ISM001-055 targets TNIK (Traf2- and Nck-interacting kinase), a protein involved in pathological fibrosis of the lungs, which contributes to the progressive decline in lung function in IPF patients. Insilico’s proprietary AI platform played a pivotal role in the discovery and design of ISM001-055, leveraging deep generative models and machine learning to identify TNIK as a novel therapeutic target in IPF. The drug’s development was detailed in a March 2024 paper in Nature Biotechnology, which described the preclinical evaluations and initial clinical studies that supported its advancement into later-stage testing.
The 12-week Phase 2a clinical trial enrolled 71 patients across 21 sites in China, with participants receiving either a placebo or varying doses of the drug: 30 mg once or twice daily, or 60 mg once daily. The trial’s primary endpoint was safety, and secondary efficacy endpoints included changes in lung function. The results indicated that the drug was well-tolerated across all dose levels, with the highest dose group (60 mg once daily) showing the most significant improvement in FVC.
“These results are very encouraging, particularly the dose-dependent response in FVC,” said trial investigator Dr Toby M Maher, an expert in interstitial lung disease. “IPF is a devastating disease, and seeing improvements in lung function over just 12 weeks of treatment is a promising indication that ISM001-055 may provide a new therapeutic option for patients.”
Validation of AI drug discovery?
Insilico’s leadership hailed the data as a potentially significant breakthrough, not only in IPF treatment but also as a validation of AI-driven drug discovery.
“This study result represents a critical milestone in AI-powered drug discovery and in my life to date,” said Dr Alex Zhavoronkov, co-CEO of Insilico. “While we expected the drug to be safe, we did not expect to see such a clear dose-dependent efficacy signal after such a short dosing period. IPF is a very diverse disease, and it is very rare to see improvement in FVC. With our novel TNIK inhibitor, we attempted to go after what we think is a common mechanism in fibrotic diseases and in aging to maximize indication expansion potential.”
“I am excited to see that ISM001-055 demonstrated obvious clinical efficacy in IPF patients in only 3-months treatment,” added Dr Feng Ren, co-CEO and CSO of Insilico. “While preliminary, this clinical data is certainly encouraging, and provides the clinical validation of AI-powered drug R&D for both novel target and novel molecule.”

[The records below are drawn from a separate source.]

-- ===== src/Entry/Script.antt =====
-- What a browser makes of the script that tools/hep-viewer/build.mjs writes: comment lines, and
-- one object literal of strings assigned to `globalThis.ggsqlHepAssets`. A string literal is read up
-- to its quote; one with an escape, and a script of any other form, is outside of this.
use ggsql_duckdb.Prelude.{
  ◌≡◌, refl, sym, ap, ◌∙◌, Bool, true, false, not, ◌&&◌, ◌||◌, Option, none, some, List, [], ◌∷◌,
  ◌++◌, ◌==◌, codes, append_assoc, if◌then◌else◌, arith,
}
use mathlib.Core.Path.{fun_ext}
use ggsql_duckdb.App.Location.{strip_prefix, strip_prefix-append}
use ggsql_duckdb.Entry.Loader.{Face, regular, bold, italic, bolditalic, Assets}
use ggsql_duckdb.Entry.Build.{Text, and_then, font_entry, join_entries, assets_js}

-- Comment lines at the start; the flag is set within one.
unfoldable pub skip_comments : Bool → Text → Text
skip_comments true [] = []
skip_comments true (c ∷ s) =
    let ended = skip_comments false s in
    let more = skip_comments true s in if c == b'\n' then ended else more
skip_comments false [] = []
skip_comments false (c ∷ []) = c ∷ []
skip_comments false (c ∷ d ∷ s) =
    let comment = skip_comments true s in if c == b'/' && d == b'/' then comment else c ∷ d ∷ s

-- A string literal behind its first quote, and what follows it.
unfoldable pub read_string : Text → Option (Text × Text)
read_string [] = none
read_string (c ∷ s) =
    let rest = and_then (read_string s) λ r. some (c ∷ r.0, r.1) in
    if c == b'"' then some ([], s) else (if c == b'\\' || c == b'\n' then none else rest)

-- A text that stands for itself between double quotes.
abbrev pub is_plain : Text → Bool
is_plain [] = true
is_plain (c ∷ s) = not (c == b'"') && not (c == b'\\' || c == b'\n') && is_plain s

-- `name: "…"`
unfoldable pub read_field : Text → Text → Option (Text × Text)
read_field name text = and_then (strip_prefix (name ++ codes ": \"") text) read_string

abbrev pub by_face : Text → Text → Text → Text → Face → Text
by_face r b i j regular = r
by_face r b i j bold = b
by_face r b i j italic = i
by_face r b i j bolditalic = j

-- a field behind a separator
abbrev pub read_next : Text → Text → Text → Option (Text × Text)
read_next separator name text = and_then (strip_prefix separator text) (read_field name)

unfoldable pub read_fonts : Text → Option ((Face → Text) × Text)
read_fonts text = and_then (read_next (codes "{\n    ") (codes "regular") text) λ r.
    and_then (read_next (codes ",\n    ") (codes "bold") r.1) λ b.
      and_then (read_next (codes ",\n    ") (codes "italic") b.1) λ i.
        and_then (read_next (codes ",\n    ") (codes "bolditalic") i.1)
          λ j. some (by_face r.0 b.0 i.0 j.0, j.1)

unfoldable pub evaluate : Text → Option Assets
evaluate text =
    and_then
      (read_next (codes "globalThis.ggsqlHepAssets = {\n  ") (codes "version")
        (skip_comments false text))
      λ v. and_then (read_next (codes ",\n  ") (codes "wasm") v.1) λ w.
        and_then (strip_prefix (codes ",\n  fonts: ") w.1) λ rest.
          and_then (read_fonts rest) λ fonts.
            and_then (strip_prefix (codes "\n  }\n};\n") fonts.1)
              λ _. some (record { wasm = w.0; fonts = fonts.0 })

read_string-append :
    (s rest : Text) → is_plain s ≡ true → read_string (s ++ (b'"' ∷ rest)) ≡ some (s, rest)
unfolding read_string
read_string-append [] rest h = refl
read_string-append (c ∷ s) rest h = ground (arith, read_string-append s rest)

read_field-append :
    (name s rest : Text)
    → is_plain s ≡ true
    → read_field name (font_entry name s ++ rest) ≡ some (s, rest)
unfolding read_field
read_field-append name s rest h =
    let colon = codes ": \"" in
    let shape : font_entry name s ++ rest ≡ (name ++ colon) ++ (s ++ (b'"' ∷ rest)) =
      append_assoc name (colon ++ (s ++ (b'"' ∷ []))) rest
      ∙ ap (λ t. name ++ (colon ++ t)) (append_assoc s (b'"' ∷ []) rest)
      ∙ sym (append_assoc name colon (s ++ (b'"' ∷ rest))) in
    ap (read_field name) shape
    ∙ ap (λ o. and_then o read_string) (strip_prefix-append (name ++ colon) (s ++ (b'"' ∷ rest)))
    ∙ read_string-append s rest h

read_next-append :
    (separator name s rest : Text)
    → is_plain s ≡ true
    → read_next separator name (separator ++ (font_entry name s ++ rest)) ≡ some (s, rest)
read_next-append separator name s rest h =
    ap (λ o. and_then o (read_field name))
      (strip_prefix-append separator (font_entry name s ++ rest))
    ∙ read_field-append name s rest h

skip_comments-append :
    (s rest : Text) → is_plain s ≡ true → skip_comments true (s ++ rest) ≡ skip_comments true rest
unfolding skip_comments
skip_comments-append [] rest h = refl
skip_comments-append (c ∷ s) rest h = ground (arith, skip_comments-append s rest)

closing-closing : strip_prefix (codes "\n  }\n};\n") (codes "\n  }\n};\n") ≡ some []
closing-closing = strip_prefix-append (codes "\n  }\n};\n") []

-- the `fonts` object of the file
abbrev pub fonts_text : (Face → Text) → Text
fonts_text packing = join_entries (
    font_entry (codes "regular") (packing regular)
    ∷ font_entry (codes "bold") (packing bold)
    ∷ font_entry (codes "italic") (packing italic)
    ∷ font_entry (codes "bolditalic") (packing bolditalic)
    ∷ [])

join_entries-append :
    (e f : Text) (es : List Text) (rest : Text)
    → join_entries (e ∷ f ∷ es) ++ rest ≡ e ++ (codes ",\n    " ++ (join_entries (f ∷ es) ++ rest))
join_entries-append e f es rest = append_assoc e (codes ",\n    " ++ join_entries (f ∷ es)) rest

module _ (packing : Face → Text) (plain : (face : Face) → is_plain (packing face) ≡ true) where
  read_fonts-fonts_text :
      (rest : Text)
      → read_fonts (codes "{\n    " ++ (fonts_text packing ++ rest))
        ≡ some
            (by_face (packing regular) (packing bold) (packing italic) (packing bolditalic), rest)
  unfolding read_fonts
  read_fonts-fonts_text rest =
      let comma = codes ",\n    " in
      let r = font_entry (codes "regular") (packing regular) in
      let b = font_entry (codes "bold") (packing bold) in
      let i = font_entry (codes "italic") (packing italic) in
      let j = font_entry (codes "bolditalic") (packing bolditalic) in
      let third = comma ++ (j ++ rest) in
      let second = comma ++ (i ++ third) in
      let first = comma ++ (b ++ second) in
      let shape : fonts_text packing ++ rest ≡ r ++ first =
        join_entries-append r b (i ∷ j ∷ []) rest
        ∙ ap (λ t. r ++ (comma ++ t))
            (join_entries-append b i (j ∷ []) rest
              ∙ ap (λ t. b ++ (comma ++ t)) (join_entries-append i j [] rest)) in
      ap (λ t. read_fonts (codes "{\n    " ++ t)) shape
      ∙ rw
          (
            read_next-append (codes "{\n    ") (codes "regular") (packing regular) first
                (plain regular),
            read_next-append comma (codes "bold") (packing bold) second (plain bold),
            read_next-append comma (codes "italic") (packing italic) third (plain italic),
            read_next-append comma (codes "bolditalic") (packing bolditalic) rest
                (plain bolditalic),
          )
          refl

  by_face_self :
      by_face (packing regular) (packing bold) (packing italic) (packing bolditalic) ≡ packing
  by_face_self = fun_ext go
    where
      go :
          (face : Face)
          → by_face (packing regular) (packing bold) (packing italic) (packing bolditalic) face
            ≡ packing face
      go regular = refl
      go bold = refl
      go italic = refl
      go bolditalic = refl

  skip_comments-assets_js :
      (version wasm : Text)
      → is_plain version ≡ true
      → let closing = codes "\n  }\n};\n" in
        let fonts = codes ",\n  fonts: " ++ (codes "{\n    " ++ (fonts_text packing ++ closing)) in
        skip_comments false (assets_js version wasm (fonts_text packing))
        ≡ codes "globalThis.ggsqlHepAssets = {\n  "
          ++ (font_entry (codes "version") version
              ++ (codes ",\n  " ++ (font_entry (codes "wasm") wasm ++ fonts)))
  unfolding assets_js skip_comments
  skip_comments-assets_js version wasm v = skip_comments-append version _ v

  -- The script of the build gives the object that is written in it.
  pub evaluate-assets_js :
      (version wasm : Text)
      → is_plain version ≡ true
      → is_plain wasm ≡ true
      → evaluate (assets_js version wasm (fonts_text packing))
        ≡ some (record { wasm = wasm; fonts = packing })
  unfolding evaluate
  evaluate-assets_js version wasm v w =
      let closing = codes "\n  }\n};\n" in
      let fonts = codes "{\n    " ++ (fonts_text packing ++ closing) in
      let behind = codes ",\n  fonts: " ++ fonts in
      let second = codes ",\n  " ++ (font_entry (codes "wasm") wasm ++ behind) in
      rw
        (
          skip_comments-assets_js version wasm v,
          read_next-append (codes "globalThis.ggsqlHepAssets = {\n  ") (codes "version") version
              second v,
          read_next-append (codes ",\n  ") (codes "wasm") wasm behind w,
          strip_prefix-append (codes ",\n  fonts: ") fonts,
          read_fonts-fonts_text closing,
          closing-closing,
          by_face_self,
        )
        refl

Insilico now plans to engage regulatory authorities to discuss a more extensive Phase 2b trial. This next phase is expected to involve longer treatment periods and larger patient cohorts to further evaluate the drug’s efficacy and safety. In addition to the trial conducted in China, a parallel Phase 2a study is currently underway in the United States, with patient enrollment ongoing. The company says drug’s ability to target a common mechanism in fibrotic diseases also raises the possibility of expanding its use to other conditions beyond IPF, opening doors for broader therapeutic applications.

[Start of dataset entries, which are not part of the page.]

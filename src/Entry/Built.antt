-- ===== src/Entry/Built.antt =====
-- The assets that tools/hep-viewer/build.mjs writes are the ones that tools/hep-viewer/entry.js
-- loads.
use ggsql_duckdb.Prelude.{◌≡◌, refl, ap, ◌∙◌, true, some, [], ◌∷◌, codes}
use ggsql_duckdb.Entry.Base64.{AllBytes, decode_base64-eq_atob}
use ggsql_duckdb.Entry.Loader.{
  Bytes, Face, regular, bold, italic, bolditalic, faces, Assets, Browser, initialised,
  font_registered, style_appended, generic_family_set, done, join_lines, load_module,
}
use ggsql_duckdb.Entry.Loading.{unpacked, face_rules, load_module-done}
use ggsql_duckdb.Entry.Script.{is_plain, fonts_text, evaluate, evaluate-assets_js}
use ggsql_duckdb.Entry.Build.{
  Text, Node, wasm_file, font_file, assets_js, asset, font_entries, build,
}

abbrev pub face_name : Face → Text
face_name regular = codes "regular"
face_name bold = codes "bold"
face_name italic = codes "italic"
face_name bolditalic = codes "bolditalic"

-- What the browser undoes of what Node does, on bytes.
pub record IsUndone (node : Node) (browser : Browser) : Type 0 where
  pub read_binary : (file : Text) (b : Bytes) → node.read file ≡ some b → AllBytes b
  pub gzip_binary : (b : Bytes) → AllBytes b → AllBytes (node.gzip b)
  pub gunzip-gzip : (b : Bytes) → AllBytes b → browser.gunzip (node.gzip b) ≡ some b
  pub base64_plain : (b : Bytes) → AllBytes b → is_plain (node.base64 b) ≡ true
  pub atob-base64 : (b : Bytes) → AllBytes b → browser.atob (node.base64 b) ≡ some b
  pub atob_binary : (s binary : Bytes) → browser.atob s ≡ some binary → AllBytes binary

module _ (node : Node) (browser : Browser) where
  abbrev packed : Bytes → Text
  packed b = node.base64 (node.gzip b)

  unpacked-packed :
      (b : Bytes) → IsUndone node browser → AllBytes b → unpacked browser (packed b) ≡ some b
  unpacked-packed b u a =
      let raw =
        decode_base64-eq_atob browser.atob (packed b) u.atob_binary
        ∙ u.atob-base64 (node.gzip b) (u.gzip_binary b a) in
      rw (raw, unpacked) (u.gunzip-gzip b a)

  packed_plain : (b : Bytes) → IsUndone node browser → AllBytes b → is_plain (packed b) ≡ true
  packed_plain b u a = u.base64_plain (node.gzip b) (u.gzip_binary b a)

  asset-packed :
      (file : Text) (b : Bytes) → node.read file ≡ some b → asset node file ≡ some (packed b)
  unfolding asset
  asset-packed file b e = rw (e) refl

  build-eq_some :
      (version : Text) (binary : Bytes) (font : Face → Bytes)
      → node.version ≡ some version
      → node.read wasm_file ≡ some binary
      → ((face : Face) → node.read (font_file (face_name face)) ≡ some (font face))
      → build node
        ≡ some (assets_js version (packed binary) (fonts_text (λ face. packed (font face))))
  unfolding build font_entries
  build-eq_some version binary font v w f =
      rw
        (
          asset-packed (font_file (codes "regular")) (font regular) (f regular),
          asset-packed (font_file (codes "bold")) (font bold) (f bold),
          asset-packed (font_file (codes "italic")) (font italic) (f italic),
          asset-packed (font_file (codes "bolditalic")) (font bolditalic) (f bolditalic),
          asset-packed wasm_file binary w,
          v,
        )
        refl

  -- The way of the assets from the package into the page. If the files can be read, the version
  -- needs no escapes, the browser undoes what Node does, and the module and the fonts are
  -- accepted: the script writes a text which, run in the page, gives `loadHep` the very bytes of
  -- the wasm binary and of the four faces, and the load initialises the module with the one and
  -- registers the others, each under its own weight and style.
  pub build-load_module :
      (version : Text) (binary : Bytes) (font : Face → Bytes)
      → IsUndone node browser
      → node.version ≡ some version
      → is_plain version ≡ true
      → node.read wasm_file ≡ some binary
      → ((face : Face) → node.read (font_file (face_name face)) ≡ some (font face))
      → browser.init binary ≡ true
      → ((face : Face) → browser.register_font (font face) ≡ true)
      → browser.set_generic_family ≡ true
      → (text : Text) × (build node ≡ some text)
        × (load_module browser (evaluate text) (record { effects = []; urls = 0 }) ≡ (
          done tt,
          record {
            effects =
                initialised binary
                ∷ font_registered (font regular)
                ∷ font_registered (font bold)
                ∷ font_registered (font italic)
                ∷ font_registered (font bolditalic)
                ∷ style_appended (join_lines (face_rules browser 0 faces))
                ∷ generic_family_set
                ∷ [];
            urls = 4;
          },
        ))
  build-load_module version binary font u v p w f i r g =
      let packing : Face → Text = λ face. packed (font face) in
      let assets : Assets = record { wasm = packed binary; fonts = packing } in
      let code = u.read_binary wasm_file binary w in
      let ttf = λ (face : Face). u.read_binary (font_file (face_name face)) (font face) (f face) in
      let read =
        evaluate-assets_js packing (λ face. packed_plain (font face) u (ttf face)) version
          (packed binary) p (packed_plain binary u code) in
      (
        assets_js version (packed binary) (fonts_text packing),
        build-eq_some version binary font v w f,
        ap (λ found. load_module browser found (record { effects = []; urls = 0 })) read
            ∙ load_module-done browser assets binary font (unpacked-packed binary u code) i
                (λ face. unpacked-packed (font face) u (ttf face)) r g,
      )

Scientific leaders also weighed in on the news and its wider implications for AI drug discovery and design.
“Last year, I presented a lecture on how generative AI can help with end-to-end drug discovery from disease modeling and target identification to generation of novel drugs with the desired properties and purposing it to a specific disease,” said Michael Levitt, PhD, the 2013 Nobel Laureate in Chemistry. “I used Insilico’s TRAF2 and NCK-interacting kinase (TNIK) inhibitor as a case study going from 0 to Phase 1. The fact that this same drug demonstrated efficacy in addition to safety in a Phase 2a study is extraordinary and represents a true first in this new era of AI-powered drug discovery.”
“With all the hype that surrounds the potential of generative AI in drug discovery and many other potential applications, it is thrilling see to the dose dependence of ISM001-055 in Insilico Medicine’s Phase 2a IPF clinical trial,” said the renowned geneticist Charles Cantor, PhD.